*Problem*: Each line below from the one containing "keys_left-insert_all (k ∷" through the one containing "node_with_keys-not_last (element x d n) c m ks h" is to be given again exactly, and no line outside that span.
━━━━━ Input
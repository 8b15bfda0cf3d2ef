-- ===== src/Store/Search.antt =====
-- The search for a request finds the node that was written for it, behind a tree without such a node.
use icwmp.Prelude.{
  arith, ℕ, suc, true, false, Option, none, some, List, [], ◌∷◌, ◌≡◌, refl, sym, ap, ◌∙◌,
}
use icwmp.Prelude.Text.{Text, str_eq_self}
use icwmp.Store.Node.{
  Node, null, element, text, add_last, new_text, bkp_session_insert, SearchKeywords, value_matches,
  keys_left, is_nil, node_with_keys, bkp_session_node_found, delete_at, insert_all, insert_node,
}

-- How many siblings begin with this node.
abbrev pub count : Node → ℕ
count null = 0
count (element m c n) = suc (count n)
count (text v n) = suc (count n)

pub add_last_assoc : (a b c : Node) → add_last (add_last a b) c ≡ add_last a (add_last b c)
add_last_assoc null b c = refl
add_last_assoc (element m d n) b c = ap (element m d) (add_last_assoc n b c)
add_last_assoc (text v n) b c = ap (text v) (add_last_assoc n b c)

insert_all-add_last :
    (b : Node) (ks : List SearchKeywords) → insert_all b ks ≡ add_last b (insert_all null ks)
unfolding bkp_session_insert
insert_all-add_last b [] = end b
  where
    end : (b : Node) → b ≡ add_last b null
    end null = refl
    end (element m c n) = ap (element m c) (end n)
    end (text v n) = ap (text v) (end n)
insert_all-add_last b (k ∷ ks) =
    let e : Node = element k.name (new_text k.value) null in
    insert_all-add_last (add_last b e) ks
    ∙ add_last_assoc b e (insert_all null ks)
    ∙ ap (add_last b) (sym (insert_all-add_last e ks))

pub keys_left_nil : (c : Node) → keys_left c [] ≡ []
unfolding keys_left
keys_left_nil null = refl
keys_left_nil (element m d c) = refl
keys_left_nil (text v c) = keys_left_nil c

pub keys_left-add_last :
    (c d : Node) (ks : List SearchKeywords)
    → keys_left (add_last c d) ks ≡ keys_left d (keys_left c ks)
unfolding keys_left
keys_left-add_last null d ks = refl
keys_left-add_last (text v c) d ks = keys_left-add_last c d ks
keys_left-add_last (element m e c) d [] = sym (keys_left_nil d)
keys_left-add_last (element m e c) d (k ∷ ks) = keys_left-add_last c d _

pub value_matches_self : (v : Option Text) → value_matches v (new_text v) ≡ true
value_matches_self none = refl
value_matches_self (some v) = str_eq_self v

-- The children that were written for the keys, in their order, have the keys.
pub keys_left-insert_all : (ks : List SearchKeywords) → keys_left (insert_all null ks) ks ≡ []
unfolding keys_left bkp_session_insert
keys_left-insert_all [] = refl
keys_left-insert_all (k ∷ ks) =
    let rest : keys_left (element k.name (new_text k.value) (insert_all null ks)) (k ∷ ks) ≡ [] =
      ground (arith, str_eq_self k.name, value_matches_self k.value, keys_left-insert_all ks) in
    ap (λ c. keys_left c (k ∷ ks)) (insert_all-add_last (element k.name (new_text k.value) null) ks)
    ∙ rest

-- A node behind the others does not change what is found among them; where nothing is, it is found itself.
node_with_keys-last :
    (t c : Node) (m : Text) (ks : List SearchKeywords)
    → keys_left c ks ≡ []
    → node_with_keys t ks ≡ none
    → node_with_keys (insert_node t m c) ks ≡ some (count t)
unfolding node_with_keys
node_with_keys-last null c m ks h e = rw h refl
node_with_keys-last (text v n) c m ks h e = ground (arith, node_with_keys-last n c m ks)
node_with_keys-last (element x d n) c m ks h e = ground (arith, node_with_keys-last n c m ks)

pub bkp_session_node_found-last :
    (t c : Node) (m : Text) (ks : List SearchKeywords)
    → keys_left c ks ≡ []
    → bkp_session_node_found t m ks ≡ none
    → bkp_session_node_found (insert_node t m c) m ks ≡ some (count t)
unfolding bkp_session_node_found node_with_keys
bkp_session_node_found-last null c m ks h e = ground (arith, str_eq_self m)
bkp_session_node_found-last (text v n) c m ks h e =
    ground (arith, bkp_session_node_found-last n c m ks)
bkp_session_node_found-last (element x d n) c m ks h e =
    ground (arith, bkp_session_node_found-last n c m ks, node_with_keys-last (element x d n) c m ks)

-- A node without the keys, behind the others, is not found.
node_with_keys-not_last :
    (t c : Node) (m : Text) (ks : List SearchKeywords)
    → is_nil (keys_left c ks) ≡ false
    → node_with_keys t ks ≡ none
    → node_with_keys (insert_node t m c) ks ≡ none
unfolding node_with_keys
node_with_keys-not_last null c m ks h e = rw h refl
node_with_keys-not_last (text v n) c m ks h e = ground (arith, node_with_keys-not_last n c m ks)
node_with_keys-not_last (element x d n) c m ks h e =
    ground (arith, node_with_keys-not_last n c m ks)

pub bkp_session_node_found-not_last :
    (t c : Node) (m : Text) (ks : List SearchKeywords)
    → is_nil (keys_left c ks) ≡ false
    → bkp_session_node_found t m ks ≡ none
    → bkp_session_node_found (insert_node t m c) m ks ≡ none
unfolding bkp_session_node_found node_with_keys
bkp_session_node_found-not_last null c m ks h e = ground (arith, str_eq_self m)
bkp_session_node_found-not_last (text v n) c m ks h e =
    ground (arith, bkp_session_node_found-not_last n c m ks)
bkp_session_node_found-not_last (element x d n) c m ks h e = ground (
  arith,
  bkp_session_node_found-not_last n c m ks,
  node_with_keys-not_last (element x d n) c m ks,
)

pub delete_at-last : (t c : Node) (m : Text) → delete_at (insert_node t m c) (count t) ≡ t
delete_at-last null c m = refl
delete_at-last (element x d n) c m = ap (element x d) (delete_at-last n c m)
delete_at-last (text v n) c m = ap (text v) (delete_at-last n c m)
━━━━━━━━━━
*Finished task*:
keys_left-insert_all (k ∷ ks) =
    let rest : keys_left (element k.name (new_text k.value) (insert_all null ks)) (k ∷ ks) ≡ [] =
      ground (arith, str_eq_self k.name, value_matches_self k.value, keys_left-insert_all ks) in
    ap (λ c. keys_left c (k ∷ ks)) (insert_all-add_last (element k.name (new_text k.value) null) ks)
    ∙ rest

-- A node behind the others does not change what is found among them; where nothing is, it is found itself.
node_with_keys-last :
    (t c : Node) (m : Text) (ks : List SearchKeywords)
    → keys_left c ks ≡ []
    → node_with_keys t ks ≡ none
    → node_with_keys (insert_node t m c) ks ≡ some (count t)
unfolding node_with_keys
node_with_keys-last null c m ks h e = rw h refl
node_with_keys-last (text v n) c m ks h e = ground (arith, node_with_keys-last n c m ks)
node_with_keys-last (element x d n) c m ks h e = ground (arith, node_with_keys-last n c m ks)

pub bkp_session_node_found-last :
    (t c : Node) (m : Text) (ks : List SearchKeywords)
    → keys_left c ks ≡ []
    → bkp_session_node_found t m ks ≡ none
    → bkp_session_node_found (insert_node t m c) m ks ≡ some (count t)
unfolding bkp_session_node_found node_with_keys
bkp_session_node_found-last null c m ks h e = ground (arith, str_eq_self m)
bkp_session_node_found-last (text v n) c m ks h e =
    ground (arith, bkp_session_node_found-last n c m ks)
bkp_session_node_found-last (element x d n) c m ks h e =
    ground (arith, bkp_session_node_found-last n c m ks, node_with_keys-last (element x d n) c m ks)

-- A node without the keys, behind the others, is not found.
node_with_keys-not_last :
    (t c : Node) (m : Text) (ks : List SearchKeywords)
    → is_nil (keys_left c ks) ≡ false
    → node_with_keys t ks ≡ none
    → node_with_keys (insert_node t m c) ks ≡ none
unfolding node_with_keys
node_with_keys-not_last null c m ks h e = rw h refl
node_with_keys-not_last (text v n) c m ks h e = ground (arith, node_with_keys-not_last n c m ks)
node_with_keys-not_last (element x d n) c m ks h e =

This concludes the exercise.